Task objective - Work out how many lines in the entries below include the word "Option", and give only that figure.

Record extracts -
··········
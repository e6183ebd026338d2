-- ===== src/Examples/Files.antt =====
-- A configuration file laid over a message, with a secret field.
use procframe.Prelude.{
  ◌≡◌, ◌↔◌, refl, String, false, Option, none, some, List, [], ◌∷◌, ◌==◌, if◌then◌else◌, lookup,
  insert, eq_iff, arith, inr,
}
use procframe.Prelude.Text.{◌+++◌}
use procframe.Prelude.Distinct.{Distinct}
use procframe.Prelude.Replace.{occurs, replace_all, replace_from}
use procframe.Errors.{Error, plain, Result, ok, err}
use procframe.Config.Json.{
  Json, Messages, canonical_json_field_name, config_json_field_names, names_loop,
}
use procframe.Config.Secrets.{redacted}
use procframe.Config.File.{
  merge_json_file, merged_json, parse_json_overlay, overlay_loop, add_field, duplicate_field,
  merge_loop, decode_json_overlay_value, current_json_map, normalize_json_field_parsers,
}
use procframe.Config.File.Overlay.{canonical_fields, present_fields, parse_json_overlay-accepts}
use procframe.Config.File.Merge.{IsOverlaid, merge_json_file-overlays, merge_json_file-hides}

abbrev quoted : String → String
quoted s = "\"" +++ s +++ "\""

-- A file with three fields, two of them secret or null, and the JSON of the merged configuration.
abbrev file_text : String
file_text = "{\"log_level\": 5, \"apiToken\": \"xyz\", \"port\": null}"

abbrev merged_text : String
merged_text = "logLevel=5,port=null,apiToken=\"xyz\","

abbrev read_object : String → Result (List (String × String))
read_object s =
    if s == file_text
    then ok (("log_level", "5") ∷ ("apiToken", "\"xyz\"") ∷ ("port", "null") ∷ [])
    else if s == merged_text
    then ok (("logLevel", "5") ∷ ("apiToken", "\"xyz\"") ∷ ("port", "null") ∷ [])
    else err (plain "invalid character")

abbrev written_object : List (String × String) → String
written_object [] = ""
written_object ((k, v) ∷ fields) = k +++ "=" +++ v +++ "," +++ written_object fields

abbrev some_json : Json String
some_json = record {
  parse_object = read_object;
  parse_values = λ s. ok (("logLevel", "0") ∷ ("port", "80") ∷ []);
  decode = λ raw. ok raw;
  decode_string = λ raw. if raw == "\"xyz\"" then ok "xyz" else err (plain "cannot unmarshal");
  marshal_values = λ fields. ok (written_object fields);
  marshal_object = λ fields. ok (written_object fields);
  trim_space = λ s. s;
  null = "null";
}

abbrev some_messages : Option Error → Messages String
some_messages refusal = record {
  marshal = λ m. ok m;
  unmarshal = λ source. λ m. (source, refusal);
  fields = λ m. ("logLevel", "log_level") ∷ ("port", "port") ∷ ("apiToken", "api_token") ∷ [];
}

abbrev some_files : String → Result String
some_files path = if path == "app.json" then ok file_text else err (plain "no such file")

abbrev some_present : List (String × Unit {0})
some_present = ("logLevel", tt) ∷ ("apiToken", tt) ∷ []

prepared :
    (refusal : Option Error)
    → merged_json some_json quoted
        (some_messages refusal)
        some_files
        "app.json"
        "{}"
        []
        ("api_token" ∷ [])
      ≡ ok (merged_text, some_present)
unfolding merged_json current_json_map parse_json_overlay overlay_loop add_field
    canonical_json_field_name config_json_field_names names_loop normalize_json_field_parsers
    merge_loop decode_json_overlay_value lookup insert
prepared refusal = refl

merged_once :
    merge_json_file some_json quoted
      (some_messages none)
      some_files
      "app.json"
      "{}"
      []
      ("api_token" ∷ [])
    ≡ (merged_text, ok some_present)
unfolding merge_json_file
merged_once = rw (prepared none) refl

merge_json_file-overlays_example :
    IsOverlaid some_json quoted
      (some_messages none)
      some_files
      "app.json"
      "{}"
      merged_text
      []
      some_present
merge_json_file-overlays_example =
    merge_json_file-overlays some_json quoted (some_messages none) some_files "app.json" "{}"
      merged_text [] ("api_token" ∷ []) some_present merged_once

abbrev refusal : Error
refusal = plain "invalid value for field apiToken: xyz"

canonical_name :
    canonical_json_field_name "api_token"
      (config_json_field_names ((some_messages (some refusal)).fields "{}"))
    ≡ "apiToken"
unfolding canonical_json_field_name config_json_field_names names_loop lookup insert
canonical_name = refl

token_there :
    lookup {V = String}
      (canonical_json_field_name "api_token"
        (config_json_field_names ((some_messages (some refusal)).fields "{}")))
      (("logLevel", "5") ∷ ("apiToken", "\"xyz\"") ∷ ("port", "null") ∷ [])
    ≡ some "\"xyz\""
unfolding canonical_json_field_name config_json_field_names names_loop lookup insert
token_there = refl

merge_json_file-hides_example :
    (shown : String) × (merge_json_file some_json quoted
        (some_messages (some refusal))
        some_files
        "app.json"
        "{}"
        []
        ("api_token" ∷ [])
      ≡ (merged_text, err (plain ("unmarshal merged config JSON" +++ ": " +++ shown))))
    × (occurs "xyz" shown ≡ false)
merge_json_file-hides_example =
    merge_json_file-hides some_json quoted (some_messages (some refusal)) some_files "app.json" "{}"
      merged_text [] ("api_token" ∷ []) some_present merged_text refusal
      (("logLevel", "5") ∷ ("apiToken", "\"xyz\"") ∷ ("port", "null") ∷ []) "api_token" "\"xyz\""
      "xyz" (prepared (some refusal)) refl refl refl
      (λ h. ground (arith, eq_iff "apiToken" "", canonical_name)) token_there
      (ground (arith, eq_iff "\"xyz\"" "")) (ground (arith, eq_iff "xyz" "")) (inr refl)
      (refl, (refl, (refl, tt)))

parse_json_overlay-accepts_example :
    (parse_json_overlay some_json quoted file_text []
      ≡ ok (
        ("log_level", "5") ∷ ("apiToken", "\"xyz\"") ∷ ("port", "null") ∷ [],
        ("log_level", tt) ∷ ("apiToken", tt) ∷ [],
      ))
    ↔ (Distinct (
          canonical_fields some_json quoted []
            (("log_level", "5") ∷ ("apiToken", "\"xyz\"") ∷ ("port", "null") ∷ []))
        × (canonical_fields some_json quoted []
              (("log_level", "5") ∷ ("apiToken", "\"xyz\"") ∷ ("port", "null") ∷ [])
            ≡ ("log_level", "5") ∷ ("apiToken", "\"xyz\"") ∷ ("port", "null") ∷ [])
        × (present_fields some_json quoted []
              (("log_level", "5") ∷ ("apiToken", "\"xyz\"") ∷ ("port", "null") ∷ [])
            ≡ ("log_level", tt) ∷ ("apiToken", tt) ∷ []))
parse_json_overlay-accepts_example =
    parse_json_overlay-accepts some_json quoted [] file_text
      (("log_level", "5") ∷ ("apiToken", "\"xyz\"") ∷ ("port", "null") ∷ [])
      (("log_level", "5") ∷ ("apiToken", "\"xyz\"") ∷ ("port", "null") ∷ [])
      (("log_level", tt) ∷ ("apiToken", tt) ∷ []) refl

-- A field under its two names is refused.
twice_refused :
    overlay_loop some_json quoted
      (("log_level", "logLevel") ∷ [])
      (("logLevel", "1") ∷ ("log_level", "2") ∷ [])
      (record { overlay = []; present = []; seen_fields = [] })
    ≡ err (plain "duplicate config field \"logLevel\" via \"logLevel\" and \"log_level\"")
unfolding overlay_loop add_field duplicate_field canonical_json_field_name lookup insert
twice_refused = refl

-- A secret that begins with another one: the shorter is hidden first, and the end of the longer stays.
rest_of_secret_shown :
    redacted ("abc" ∷ "abcdef" ∷ []) "bad value abcdef" ≡ "bad value [REDACTED]def"
unfolding redacted replace_all replace_from
rest_of_secret_shown = refl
··········
Answer below - 3